Approximate Bayesian computation (ABC) methods can be used to evaluate posterior distributions without having to calculate likelihoods. In this paper, we discuss and apply an ABC method based on sequential Monte Carlo (SMC) to estimate parameters of dynamical models. We show that ABC SMC provides information about the inferability of parameters and model sensitivity to changes in parameters, and tends to perform better than other ABC approaches. The algorithm is applied to several well-known biological systems, for which parameters and their credible intervals are inferred. Moreover, we develop ABC SMC as a tool for model selection; given a range of different mathematical descriptions, ABC SMC is able to choose the best model using the standard Bayesian model selection apparatus.

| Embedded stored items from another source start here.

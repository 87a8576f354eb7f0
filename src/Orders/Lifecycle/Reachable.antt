-- ===== src/Orders/Lifecycle/Reachable.antt =====
-- Runs of the three services on orders, with new orders placed in between.
use api_paperbase.Base.{
  ℕ, ◌≡◌, refl, ap, sym, ◌∙◌, Bool, true, false, none, some, List, [], ◌∷◌, ◌==◌, if◌then◌else◌,
  arith, inl, inr, ◌&&◌, ◌≢◌, Bool-cases, Option-cases, ==→eq,
}
use mathlib.Core.Option
use mathlib.Core.Path.{subst}
use api_paperbase.Base.Text.{Text, strip}
use api_paperbase.Base.Results.{ok}
use api_paperbase.Base.Queries.{find?, update_where, find?-test}
use api_paperbase.Orders.{
  Order, OrderStatus, cancelled, PaymentStatus, unpaid, failed, Shop, is_order,
}
use api_paperbase.Orders.Rollup.{is_cancelled}
use api_paperbase.Orders.Lifecycle.{
  apply_order_status_change, submit_stripped, submit_order_payment, apply_payment_verification,
  is_payment_pending,
}
use api_paperbase.Orders.Lifecycle.Success.{
  Move, stay, change, cancel, cancel_unpaid, submit, accept, reject, Moved, submit-Moved,
}
use api_paperbase.Orders.Lifecycle.Change.{change-Moved}
use api_paperbase.Orders.Lifecycle.Verify.{verification-Moved}

-- A call that succeeds, or a new order, which has an unused key and no payment yet.
pub data Step : Shop → Shop → Type 0 where
  placed :
      {s : Shop} (o : Order)
      → find? (is_order o.id) s.orders ≡ none
      → o.payment_status ≡ unpaid
      → Step s (record s { orders = o ∷ s.orders })
  changed :
      {s s' : Shop} (conflict : ℕ → Bool) (now saved_at pk : ℕ) (to_status : Text) (o : Order)
      → apply_order_status_change conflict now saved_at pk to_status s ≡ ok (o, s')
      → Step s s'
  paid :
      {s s' : Shop} (saved_at pk : ℕ) (transaction_id payer_number : Text) (o : Order)
      → submit_order_payment saved_at pk transaction_id payer_number s ≡ ok (o, s')
      → Step s s'
  checked :
      {s s' : Shop} (conflict : ℕ → Bool) (now saved_at pk : ℕ) (valid : Bool) (o : Order)
      → apply_payment_verification conflict now saved_at pk valid s ≡ ok (o, s')
      → Step s s'

-- The shops that a run from a shop without orders reaches.
pub data Reachable : Shop → Type 0 where
  start : {s : Shop} → s.orders ≡ [] → Reachable s
  next : {s s' : Shop} → Reachable s → Step s s' → Reachable s'

-- A lookup after an order was stored under its own key.
find?-stored :
    (pk : ℕ) (o : Order) (xs : List Order)
    → find? (is_order pk) (update_where (is_order o.id) (λ _. o) xs)
      ≡ Option.map (λ x. if x.id == o.id then o else x) (find? (is_order pk) xs)
find?-stored pk o [] = refl
find?-stored pk o (x ∷ xs) = ground (arith, find?-stored pk o xs)

-- The order `o` of the first shop is, in the second, an order that it moves to.
pub record After (pk : ℕ) (o : Order) (s' : Shop) : Type 0 where
  pub order : Order
  pub found : find? (is_order pk) s'.orders ≡ some order
  pub move : Move o.status o.payment_status order.status order.payment_status

Moved-After :
    (pk k : ℕ) (o r : Order) (s s' : Shop)
    → Moved k r s s'
    → find? (is_order pk) s.orders ≡ some o
    → After pk o s'
Moved-After pk k o r s s' m found = elim m.stored [
  | inl (_, same) ↦ record { order = o; found = rw same found; move = stay }
  | inr wrote ↦
      let own : update_where (is_order m.locked.id) (λ _. r) s.orders
          ≡ update_where (is_order r.id) (λ _. r) s.orders =
        ap (λ j. update_where (is_order j) (λ _. r) s.orders) (sym m.same_id) in
      let moved : find? (is_order pk) s'.orders ≡ some (if o.id == r.id then r else o) =
        ap (find? (is_order pk)) (wrote ∙ own) ∙ find?-stored pk r s.orders ∙ rw found refl in
      elim (Bool-cases (o.id == r.id)) [
        | inl e ↦
            let o_key = ==→eq o.id pk (find?-test (is_order pk) o s.orders found) in
            let locked_key =
              ==→eq m.locked.id k (find?-test (is_order k) m.locked s.orders m.found) in
            let keys : pk ≡ k = sym o_key ∙ ==→eq o.id r.id e ∙ m.same_id ∙ locked_key in
            let same : m.locked ≡ o = cc (m.found, found, keys) in
            record {
              order = r;
              found = moved ∙ rw e refl;
              move =
                  subst (λ (x : Order). Move x.status x.payment_status r.status r.payment_status)
                    same m.move;
            }
        | inr e ↦ record { order = o; found = moved ∙ rw e refl; move = stay }
      ]
]

-- Every step moves every order that is there along the state machine, and loses none.
pub Step-After :
    (pk : ℕ) (o : Order) (s s' : Shop)
    → Step s s'
    → find? (is_order pk) s.orders ≡ some o
    → After pk o s'
Step-After pk o s s' (placed new fresh unpaid_yet) = λ found. elim (Bool-cases (new.id == pk)) [
  | inl e ↦
      let clash : find? (is_order pk) s.orders ≡ none =
        subst (λ j. find? (is_order j) s.orders ≡ none) (==→eq new.id pk e) fresh in
      cc (clash, found)
  | inr e ↦ record { order = o; found = rw e found; move = stay }
]
Step-After pk o s s' (changed conflict now saved_at k to_status r run) =
    Moved-After pk k o r s s' (change-Moved conflict now saved_at k to_status s r s' run).1
Step-After pk o s s' (paid saved_at k transaction_id payer_number r run) =
    Moved-After pk k o r s s' (submit-Moved saved_at k transaction_id payer_number s r s' run).1
Step-After pk o s s' (checked conflict now saved_at k valid r run) =
    Moved-After pk k o r s s' (verification-Moved conflict now saved_at k valid s r s' run).2

pays-cancelled :
    (a : OrderStatus) (b : Bool) → (is_payment_pending a && b) ≡ true → is_cancelled a ≡ true → ⊥
pays-cancelled a b x h = ground arith

-- No move leaves the cancelled state, and none changes the payment status there.
Move-final :
    (a b : OrderStatus) (p q : PaymentStatus)
    → Move a p b q
    → is_cancelled a ≡ true
    → (b ≡ a) × (q ≡ p)
Move-final a b p q stay h = (refl, refl)
Move-final a b p q (change x y z) h = cc (h, x)
Move-final a b p q (cancel x y) h = cc (h, x)
Move-final a b p q (cancel_unpaid x) h = absurd (pays-cancelled a _ x h)
Move-final a b p q (submit x y) h = absurd (pays-cancelled a true (rw x refl) h)
Move-final a b p q (accept x y) h = absurd (pays-cancelled a true (rw x refl) h)
Move-final a b p q (reject x y) h = absurd (pays-cancelled a true (rw x refl) h)

-- A cancelled order stays cancelled, with the payment status it has, whatever is done next.
pub cancelled-final :
    (pk : ℕ) (o : Order) (s s' : Shop)
    → Step s s'
    → find? (is_order pk) s.orders ≡ some o
    → o.status ≡ cancelled
    → (o' : Order) × (find? (is_order pk) s'.orders ≡ some o')
      × (o'.status ≡ cancelled)
      × (o'.payment_status ≡ o.payment_status)
cancelled-final pk o s s' step found h =
    let after = Step-After pk o s s' step found in
    let (b, q) = Move-final _ _ _ _ after.move (rw h refl) in (after.order, after.found, b ∙ h, q)

-- A payment fails only with its order.
abbrev pub IsFailedOnly : OrderStatus → PaymentStatus → Type 0
IsFailedOnly a p = p ≡ failed → is_cancelled a ≡ true

Move-failed :
    (a b : OrderStatus) (p q : PaymentStatus) → Move a p b q → IsFailedOnly a p → IsFailedOnly b q
Move-failed a b p q stay h = h
Move-failed a b p q (change x y z) h = λ e. cc (h e, x)
Move-failed a b p q (cancel x y) h = λ e. refl
Move-failed a b p q (cancel_unpaid x) h = λ e. refl
Move-failed a b p q (submit x y) h = λ e. cc e
Move-failed a b p q (accept x y) h = λ e. cc e
Move-failed a b p q (reject x y) h = λ e. refl

Moved-absent :
    (pk k : ℕ) (r : Order) (s s' : Shop)
    → Moved k r s s'
    → find? (is_order pk) s.orders ≡ none
    → find? (is_order pk) s'.orders ≡ none
Moved-absent pk k r s s' m absent = elim m.stored [
  | inl (_, same) ↦ rw same absent
  | inr wrote ↦
      let own : update_where (is_order m.locked.id) (λ _. r) s.orders
          ≡ update_where (is_order r.id) (λ _. r) s.orders =
        ap (λ j. update_where (is_order j) (λ _. r) s.orders) (sym m.same_id) in
      ap (find? (is_order pk)) (wrote ∙ own) ∙ find?-stored pk r s.orders ∙ rw absent refl
]

-- An order that a step brings has no payment.
Step-new :
    (pk : ℕ) (o : Order) (s s' : Shop)
    → Step s s'
    → find? (is_order pk) s.orders ≡ none
    → find? (is_order pk) s'.orders ≡ some o
    → o.payment_status ≡ unpaid
Step-new pk o s s' (placed new fresh unpaid_yet) = λ absent found.
    elim (Bool-cases (new.id == pk)) [
      | inl e ↦
          let same : new ≡ o = cc (found, e) in
          ap (λ (x : Order). x.payment_status) (sym same) ∙ unpaid_yet
      | inr e ↦ cc (found, e, absent)
    ]
Step-new pk o s s' (changed conflict now saved_at k to_status r run) = λ absent found. cc (
  found,
  Moved-absent pk k r s s' (change-Moved conflict now saved_at k to_status s r s' run).1 absent,
)
Step-new pk o s s' (paid saved_at k transaction_id payer_number r run) = λ absent found. cc (
  found,
  Moved-absent pk k r s s' (submit-Moved saved_at k transaction_id payer_number s r s' run).1
      absent,
)
Step-new pk o s s' (checked conflict now saved_at k valid r run) = λ absent found. cc (
  found,
  Moved-absent pk k r s s' (verification-Moved conflict now saved_at k valid s r s' run).2 absent,
)

-- In every reachable shop, an order whose payment has failed is cancelled.
pub Reachable-failed :
    (pk : ℕ) (o : Order) (s : Shop)
    → Reachable s
    → find? (is_order pk) s.orders ≡ some o
    → o.payment_status ≡ failed
    → is_cancelled o.status ≡ true
Reachable-failed pk o s (start empty) found e = cc (ap (find? (is_order pk)) empty, found)
Reachable-failed pk o s' (next {s} run step) found e =
    elim (Option-cases (find? (is_order pk) s.orders)) [
      | inl absent ↦ cc (e, Step-new pk o s s' step absent found)
      | inr (before, was) ↦
          let after = Step-After pk before s s' step was in
          let same : after.order ≡ o = cc (after.found, found) in
          subst (λ (x : Order). IsFailedOnly x.status x.payment_status) same
            (Move-failed _ _ _ _ after.move (Reachable-failed pk before s run was)) e
    ]

submit-late :
    (saved_at pk : ℕ) (tx payer : Text) (o r : Order) (s s' : Shop)
    → find? (is_order pk) s.orders ≡ some o
    → is_payment_pending o.status ≡ false
    → submit_stripped saved_at pk tx payer s ≢ ok (r, s')
unfolding submit_stripped
submit-late saved_at pk [] payer o r s s' found h run = cc run
submit-late saved_at pk (c ∷ tx) [] o r s s' found h run = cc run
submit-late saved_at pk (c ∷ tx) (d ∷ payer) o r s s' found h run = cc (run, found, h)

-- In no reachable shop does an order whose payment has failed take another payment.
pub failed-final :
    (saved_at pk : ℕ) (transaction_id payer_number : Text) (o r : Order) (s s' : Shop)
    → Reachable s
    → find? (is_order pk) s.orders ≡ some o
    → o.payment_status ≡ failed
    → submit_order_payment saved_at pk transaction_id payer_number s ≢ ok (r, s')
unfolding submit_order_payment
failed-final saved_at pk transaction_id payer_number o r s s' run found e =
    submit-late saved_at pk (strip transaction_id) (strip payer_number) o r s s' found
      (not_pays o.status (Reachable-failed pk o s run found e))
  where
    not_pays : (a : OrderStatus) → is_cancelled a ≡ true → is_payment_pending a ≡ false
    not_pays a h = ground arith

But also see C. P. Robert, J.-M. Cornuet, J.-M. Marin, N. S. Pillai, “Lack of confidence in approximate Bayesian computation model choice”, http://arxiv.org/abs/1102.4432, with Abstract:

Approximate Bayesian computation (ABC) have become an essential tool for the analysis of complex stochastic models. Grelaud et al. [(2009) Bayesian Anal 3:427–442] advocated the use of ABC for model choice in the specific case of Gibbs random fields, relying on an intermodel sufficiency property to show that the approximation was legitimate. We implemented ABC model choice in a wide range of phylogenetic models in the Do It Yourself-ABC (DIY-ABC) software [Cornuet et al. (2008) Bioinformatics 24:2713–2719]. We now present arguments as to why the theoretical arguments for ABC model choice are missing, because the algorithm involves an unknown loss of information induced by the use of insufficient
summary statistics. The approximation error of the posterior probabilities of the models under comparison may thus be unrelated with the computational effort spent in running an ABC algorithm. We then conclude that additional empirical verifications of the performances of the ABC procedure as those available in DIY-ABC are necessary to conduct model choice.

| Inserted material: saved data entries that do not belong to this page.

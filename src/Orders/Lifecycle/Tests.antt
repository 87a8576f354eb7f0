-- ===== src/Orders/Lifecycle/Tests.antt =====
-- The theorems on the life of an order, applied to the run of a small shop.
use api_paperbase.Base.{◌≡◌, ◌≢◌, refl, true, false, none, some, [], ◌∷◌}
use api_paperbase.Base.Int.{pos}
use api_paperbase.Base.Text.{codes, strip}
use api_paperbase.Base.Results.{ok, value}
use api_paperbase.Base.Queries.{find?}
use api_paperbase.Orders.{
  Order, payment_pending, confirmed, cancelled, unpaid, failed, verified, Shop, is_order,
}
use api_paperbase.Orders.Rollup.{is_cancelled}
use api_paperbase.Orders.Lifecycle.{
  parse_status, apply_order_status_change, submit_order_payment, apply_payment_verification,
}
use api_paperbase.Orders.Lifecycle.Success.{Moved, IsSubmitted, submit-Moved}
use api_paperbase.Orders.Lifecycle.Change.{change-Moved}
use api_paperbase.Orders.Lifecycle.Verify.{verification-Moved}
use api_paperbase.Orders.Lifecycle.Reachable.{
  placed, changed, Reachable, start, next, After, Step-After, cancelled-final, Reachable-failed,
  failed-final,
}

abbrev fresh_order : Order
fresh_order = record {
  id = 9;
  store_id = 7;
  customer_id = none;
  status = payment_pending;
  payment_status = unpaid;
  order_number = [];
  email = [];
  shipping_name = [];
  shipping_address = [];
  phone = [];
  district = [];
  transaction_id = [];
  payer_number = [];
  total = pos 2600;
  subtotal_before_discount = pos 2400;
  discount_total = pos 400;
  subtotal_after_discount = pos 2000;
  shipping_cost = pos 600;
  shipping_zone_id = some 2;
  shipping_method_id = some 1;
  shipping_rate_id = some 5;
  pricing_snapshot = none;
  updated_at = 100;
}

abbrev empty_shop : Shop
empty_shop = record {
  stock = record {
    products = [];
    variants = [];
    inventories = [];
    movements = [];
    memberships = [];
    notifications = [];
    context_store = none;
  };
  shipping = record { zones = []; methods = []; rates = [] };
  orders = [];
  items = [];
  restore_logs = [];
  customers = [];
  counters = [];
  ledger = [];
  adjustments = [];
  effects = [];
}

abbrev open_shop : Shop
open_shop = record empty_shop { orders = fresh_order ∷ [] }

abbrev dropped : Order × Shop
dropped =
    value (apply_order_status_change (λ _. false) 200 201 9 (codes "cancelled") open_shop)
      (fresh_order, open_shop)

abbrev sent : Order × Shop
sent =
    value (submit_order_payment 150 9 (codes " TX1") (codes "017") open_shop)
      (fresh_order, open_shop)

abbrev accepted : Order × Shop
accepted = value (apply_payment_verification (λ _. false) 200 201 9 true sent.1) sent

change-Moved_example :
    (parse_status (codes "cancelled") ≡ some dropped.0.status)
    × Moved 9 dropped.0 open_shop dropped.1
unfolding apply_order_status_change
change-Moved_example =
    change-Moved (λ _. false) 200 201 9 (codes "cancelled") open_shop dropped.0 dropped.1 refl

submit-Moved_example :
    IsSubmitted (strip (codes " TX1")) (strip (codes "017")) sent.0
    × Moved 9 sent.0 open_shop sent.1
unfolding submit_order_payment
submit-Moved_example = submit-Moved 150 9 (codes " TX1") (codes "017") open_shop sent.0 sent.1 refl

verification-Moved_example :
    (accepted.0.status ≡ confirmed)
    × (accepted.0.payment_status ≡ verified)
    × Moved 9 accepted.0 sent.1 accepted.1
unfolding apply_payment_verification submit_order_payment
verification-Moved_example =
    verification-Moved (λ _. false) 200 201 9 true sent.1 accepted.0 accepted.1 refl

Step-After_example : After 9 fresh_order dropped.1
unfolding apply_order_status_change
Step-After_example =
    Step-After 9 fresh_order open_shop dropped.1
      (changed (λ _. false) 200 201 9 (codes "cancelled") dropped.0 refl) refl

-- A cancelled order, and the order placed after it.
abbrev late_order : Order
late_order = record fresh_order { id = 10 }

cancelled-final_example :
    (o : Order) × (find? (is_order 9) (late_order ∷ dropped.1.orders) ≡ some o)
    × (o.status ≡ cancelled)
    × (o.payment_status ≡ failed)
unfolding apply_order_status_change
cancelled-final_example =
    cancelled-final 9 dropped.0 dropped.1
      (record dropped.1 { orders = late_order ∷ dropped.1.orders }) (placed late_order refl refl)
      refl refl

abbrev open_run : Reachable open_shop
open_run = next (start {s = empty_shop} refl) (placed fresh_order refl refl)

dropped_run : Reachable dropped.1
unfolding apply_order_status_change
dropped_run = next open_run (changed (λ _. false) 200 201 9 (codes "cancelled") dropped.0 refl)

Reachable-failed_example : is_cancelled dropped.0.status ≡ true
unfolding apply_order_status_change
Reachable-failed_example = Reachable-failed 9 dropped.0 dropped.1 dropped_run refl refl

failed-final_example :
    submit_order_payment 300 9 (codes "TX2") (codes "017") dropped.1 ≢ ok (fresh_order, open_shop)
unfolding apply_order_status_change
failed-final_example =
    failed-final 300 9 (codes "TX2") (codes "017") dropped.0 fresh_order dropped.1 open_shop
      dropped_run refl refl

Finally, a tutorial on ABC by Richard Wilkinson:

And a lecture updating the situation as of 2012 by Christian Robert and Peter Mueller:

Approximate Bayesian computation (ABC): advances and questions

There’s also a very fine illustration of ABC via rejection sampling in R available from Florian Hartig. A quote from this is key to many modern problems:

The interesting point about this approach is that, while maybe not as efficient as the ABC-MCMC, it will scale linearly on any parallel cluster that is available to you. So if you can get your hands on a large cluster, you can make MANY calculations in parallel.

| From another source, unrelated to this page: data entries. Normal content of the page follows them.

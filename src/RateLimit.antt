-- ===== src/RateLimit.antt =====
-- Request limits of the storefront: fixed windows (engine/core/redis_fixed_window.py) per address and per
-- API key (engine/core/rate_limit.py). The cache is a parameter: a record of its operations and of what
-- its documentation says of them while no window ends. Its state carries over a call that raises. A limit or a window
-- below 0 acts as 0.
pub mod Window
pub mod Aggregate
pub mod Cooldown
mod Tests
use api_paperbase.Base.{
  ℕ, suc, ◌≡◌, ◌≢◌, ◌⊎◌, Bool, true, false, ◌&&◌, Option, none, some, List, leb, ltb, ◌==◌,
  if◌then◌else◌,
}
use api_paperbase.Base.Int.{ℤ, pos, negsuc}
use api_paperbase.Base.Text.{Text, strip}
use api_paperbase.Base.Results.{Result, ok, err}

-- The keys of `storefront_rate_check` and of `_throttle_invalid_api_key`.
pub data Key : Type 0 where
  ip_key : (store client_ip : ℕ) → Key
  agg_key : (api_key : ℕ) → Key
  invalid_key : (fingerprint : ℕ) → Key

-- `ValueError` of `incr` on a key that is not there, and every other error.
pub data CacheError : Type 0 where
  value_error unavailable : CacheError

abbrev pub next_count : Option ℕ → ℕ
next_count none = 1
next_count (some n) = suc n

-- A cache with counters, by its state. `redis_incr` and `redis_expire` are the commands of the script.
pub record Cache (S : Type 0) : Type 0 where
  pub is_redis : Bool
  pub incr : Key → S → Result CacheError ℕ × S
  pub set : Key → (value seconds : ℕ) → S → Result CacheError (Unit {0}) × S
  pub redis_incr : Key → S → Result CacheError ℕ × S
  pub redis_expire : Key → (seconds : ℕ) → S → Result CacheError (Unit {0}) × S

pub data Reason : Type 0 where
  per_ip aggregate : Reason

-- The answer to a count or to an error.
abbrev pub is_under : ℕ → Bool → Result CacheError ℕ → Bool
is_under limit fail_open (ok n) = leb n limit
is_under limit fail_open (err e) = fail_open

-- The answer of `_throttle_invalid_api_key`.
abbrev pub is_over : ℕ → Result CacheError ℕ → Bool
is_over limit (ok current) = ltb limit current
is_over limit (err e) = true

-- A count, if the second call succeeds.
abbrev pub counted : {S : Type 0} → ℕ → Result CacheError (Unit {0}) × S → Result CacheError ℕ × S
counted c (ok _, s) = (ok c, s)
counted c (err e, s) = (err e, s)

module _ {S : Type 0} (cache : Cache S) where
  -- The script's `EXPIRE` on the first hit.
  unfoldable pub expire_first : Key → ℕ → Result CacheError ℕ × S → Result CacheError ℕ × S
  expire_first key seconds (err e, s) = (err e, s)
  expire_first key seconds (ok c, s) =
      if c == 1 then counted c (cache.redis_expire key seconds s) else (ok c, s)

  -- `_LUA_INCR_EXPIRE`
  unfoldable pub lua_incr_expire : Key → ℕ → S → Result CacheError ℕ × S
  unfolding expire_first
  lua_incr_expire key seconds s = expire_first key seconds (cache.redis_incr key s)

  unfoldable pub set_first : Key → ℕ → Result CacheError ℕ × S → Result CacheError ℕ × S
  set_first key seconds (ok c, s) = (ok c, s)
  set_first key seconds (err unavailable, s) = (err unavailable, s)
  set_first key seconds (err value_error, s) = counted 1 (cache.set key 1 seconds s)

  -- The other caches: `incr`, or `set` where the key is not there.
  unfoldable pub incr_or_set : Key → ℕ → S → Result CacheError ℕ × S
  unfolding set_first
  incr_or_set key seconds s = set_first key seconds (cache.incr key s)

  unfoldable pub fixed_window_increment : Key → ℕ → S → Result CacheError ℕ × S
  unfolding lua_incr_expire incr_or_set
  fixed_window_increment key seconds s =
      if seconds == 0
      then (ok 0, s)
      else if cache.is_redis
      then lua_incr_expire key seconds s
      else incr_or_set key seconds s

  unfoldable pub incr_under_limit : Key → ℕ → ℕ → Bool → S → Bool × S
  unfolding fixed_window_increment
  incr_under_limit key seconds limit fail_open s =
      if limit == 0
      then (true, s)
      else let (r, s') = fixed_window_increment key seconds s in (is_under limit fail_open r, s')

  -- The second test of `storefront_rate_check`, after the first.
  unfoldable pub check_aggregate : (api_key aggregate_limit : ℕ) → Bool × S → Option Reason × S
  unfolding incr_under_limit
  check_aggregate api_key aggregate_limit (false, s) = (some per_ip, s)
  check_aggregate api_key aggregate_limit (true, s) =
      let (allowed, s') = incr_under_limit (agg_key api_key) 60 aggregate_limit false s in
      (if allowed then none else some aggregate, s')

  -- The reason is `none` where the request is allowed.
  unfoldable pub storefront_rate_check :
      (store api_key client_ip per_ip_limit aggregate_limit : ℕ) → S → Option Reason × S
  unfolding incr_under_limit check_aggregate
  storefront_rate_check store api_key client_ip per_ip_limit aggregate_limit s =
      check_aggregate api_key aggregate_limit
        (incr_under_limit (ip_key store client_ip) 60 per_ip_limit false s)

  -- `_throttle_invalid_api_key` of a key that is given.
  unfoldable pub throttle_invalid_api_key : (fingerprint limit : ℕ) → S → Bool × S
  unfolding fixed_window_increment
  throttle_invalid_api_key fingerprint limit s =
      if limit == 0
      then (false, s)
      else let (r, s') = fixed_window_increment (invalid_key fingerprint) 60 s in
        (is_over limit r, s')

-- A value of the plan's limits, as JSON has it; its `true` is the number 1, as in Python.
pub data Raw : Type 0 where
  absent other : Raw
  number : ℤ → Raw
  text : Text → Raw

abbrev pub positive : ℤ → Option ℕ
positive (pos n) = if n == 0 then none else some n
positive (negsuc n) = none

-- A raw value that is a positive number, or its text; `int` is Python's.
unfoldable pub limit_of : (Text → Option ℤ) → Raw → Option ℕ
unfolding strip
limit_of int absent = none
limit_of int other = none
limit_of int (number n) = positive n
limit_of int (text t) = elim (int (strip t)) [ none ↦ none | some n ↦ positive n ]

-- The limit of `resolve_storefront_aggregate_limit` for an owner whose plan has these two entries.
abbrev pub or_legacy : Raw → Raw → Raw
or_legacy absent legacy = legacy
or_legacy other legacy = other
or_legacy (number n) legacy = number n
or_legacy (text t) legacy = text t

unfoldable pub resolve_storefront_aggregate_limit :
    (Text → Option ℤ) → (fallback : ℕ) → (per_minute legacy : Raw) → ℕ
unfolding limit_of
resolve_storefront_aggregate_limit int fallback per_minute legacy =
    elim (limit_of int (or_legacy per_minute legacy)) [ none ↦ fallback | some n ↦ n ]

Update, 29^th January 2015

A. Solonen, P. Ollinaho, M. Laine, H. Haario, J. Tamminen, H. Järvinenk, “Efficient MCMC for climate model parameter estimation: Parallel adaptive chains and early rejection“, Bayesian Analysis, 7(3), 2012, 715–736.

Update, 2016-07-24

Berner, et al do “Stochastic parameterization”, and this is related to the work by Ye, Beamish, Munch, Perrettia, and colleagues on model-free forecasting.